▶ Dataset entries:
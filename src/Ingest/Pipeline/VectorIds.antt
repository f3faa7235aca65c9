-- ===== src/Ingest/Pipeline/VectorIds.antt =====
-- The vector ids that `_run_pipeline` (backend/app/ingestion/queue.py) gives to new rows.
use docmesh.Prelude.{
  ℕ, suc, ◌≤◌, ◌<◌, ◌≡◌, refl, Option, none, some, List, [], ◌∷◌, All, All-imp, arith,
}
use docmesh.Text.{Text}
use docmesh.Storage.{Chunk, next_vector_id, above}
use docmesh.Ingest.Exec.{Vector}
use docmesh.Ingest.Pipeline.{allocate}

-- The id that a row has, if any, is below `n`.
abbrev pub IsBelow : ℕ → Option ℕ → Type 0
IsBelow n none = Unit
IsBelow n (some v) = v < n

-- The ids grow, from `n` on, without a gap.
abbrev pub CountsFrom : ℕ → List (Text × ℕ) → Type 0
CountsFrom n [] = Unit
CountsFrom n ((i, v) ∷ vids) = (v ≡ n) × CountsFrom (suc n) vids

IsBelow-weaken : (m n : ℕ) (o : Option ℕ) → m ≤ n → IsBelow m o → IsBelow n o
IsBelow-weaken m n none h b = tt
IsBelow-weaken m n (some v) h b = omega arith

IsBelow-above : (o : Option ℕ) (n : ℕ) → IsBelow (above o n) o
IsBelow-above none n = tt
IsBelow-above (some v) n = omega arith

above-ge : (o : Option ℕ) (n : ℕ) → n ≤ above o n
above-ge none n = omega arith
above-ge (some v) n = omega arith

next_vector_id-IsBelow :
    (cs : List Chunk) → All (λ (c : Chunk). IsBelow (next_vector_id cs) c.vector_id) cs
unfolding next_vector_id
next_vector_id-IsBelow [] = tt
next_vector_id-IsBelow (c ∷ cs) = (
  IsBelow-above c.vector_id (next_vector_id cs),
  All-imp _ _
      (λ d b.
        IsBelow-weaken (next_vector_id cs) _ d.vector_id (above-ge c.vector_id (next_vector_id cs))
          b)
      cs (next_vector_id-IsBelow cs),
)

allocate-CountsFrom : (n : ℕ) (rows : List (Chunk × Vector)) → CountsFrom n (allocate n rows)
unfolding allocate
allocate-CountsFrom n [] = tt
allocate-CountsFrom n ((row, vec) ∷ rows) = (refl, allocate-CountsFrom (suc n) rows)

-- Every vector id in the table is below the first new one, and the new ones count up from it: none
-- is given twice.
pub allocate-IsBelow :
    (cs : List Chunk) (rows : List (Chunk × Vector))
    → All (λ (c : Chunk). IsBelow (next_vector_id cs) c.vector_id) cs
      × CountsFrom (next_vector_id cs) (allocate (next_vector_id cs) rows)
allocate-IsBelow cs rows = (next_vector_id-IsBelow cs, allocate-CountsFrom (next_vector_id cs) rows)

▶ EXERCISE: The records above are to be printed in full, exactly as they appear.

▶ RESPONSE:
filename src/Ingest/Pipeline/VectorIds.antt
repository f3faa7235aca65c9
-- ===== src/Ingest/Pipeline/VectorIds.antt =====
-- The vector ids that `_run_pipeline` (backend/app/ingestion/queue.py) gives to new rows.
use docmesh.Prelude.{
  ℕ, suc, ◌≤◌, ◌<◌, ◌≡◌, refl, Option, none, some, List, [], ◌∷◌, All, All-imp, arith,
}
use docmesh.Text.{Text}
use docmesh.Storage.{Chunk, next_vector_id, above}
use docmesh.Ingest.Exec.{Vector}
use docmesh.Ingest.Pipeline.{allocate}

-- The id that a row has, if any, is below `n`.
abbrev pub IsBelow : ℕ → Option ℕ → Type 0
IsBelow n none = Unit
IsBelow n (some v) = v < n

-- The ids grow, from `n` on, without a gap.
abbrev pub CountsFrom : ℕ → List (Text × ℕ) → Type 0
CountsFrom n [] = Unit
CountsFrom n ((i, v) ∷ vids) = (v ≡ n) × CountsFrom (suc n) vids

IsBelow-weaken : (m n : ℕ) (o : Option ℕ) → m ≤ n → IsBelow m o → IsBelow n o
IsBelow-weaken m n none h b = tt
IsBelow-weaken m n (some v) h b = omega arith

IsBelow-above : (o : Option ℕ) (n : ℕ) → IsBelow (above o n) o
IsBelow-above none n = tt
IsBelow-above (some v) n = omega arith

above-ge : (o : Option ℕ) (n : ℕ) → n ≤ above o n
above-ge none n = omega arith
above-ge (some v) n = omega arith

next_vector_id-IsBelow :
    (cs : List Chunk) → All (λ (c : Chunk). IsBelow (next_vector_id cs) c.vector_id) cs
unfolding next_vector_id
next_vector_id-IsBelow [] = tt
next_vector_id-IsBelow (c ∷ cs) = (
  IsBelow-above c.vector_id (next_vector_id cs),
  All-imp _ _
      (λ d b.
        IsBelow-weaken (next_vector_id cs) _ d.vector_id (above-ge c.vector_id (next_vector_id cs))
          b)
      cs (next_vector_id-IsBelow cs),
)

allocate-CountsFrom : (n : ℕ) (rows : List (Chunk × Vector)) → CountsFrom n (allocate n rows)
unfolding allocate
allocate-CountsFrom n [] = tt
allocate-CountsFrom n ((row, vec) ∷ rows) = (refl, allocate-CountsFrom (suc n) rows)

-- Every vector id in the table is below the first new one, and the new ones count up from it: none
-- is given twice.
pub allocate-IsBelow :
    (cs : List Chunk) (rows : List (Chunk × Vector))
    → All (λ (c : Chunk). IsBelow (next_vector_id cs) c.vector_id) cs
      × CountsFrom (next_vector_id cs) (allocate (next_vector_id cs) rows)
allocate-IsBelow cs rows = (next_vector_id-IsBelow cs, allocate-CountsFrom (next_vector_id cs) rows)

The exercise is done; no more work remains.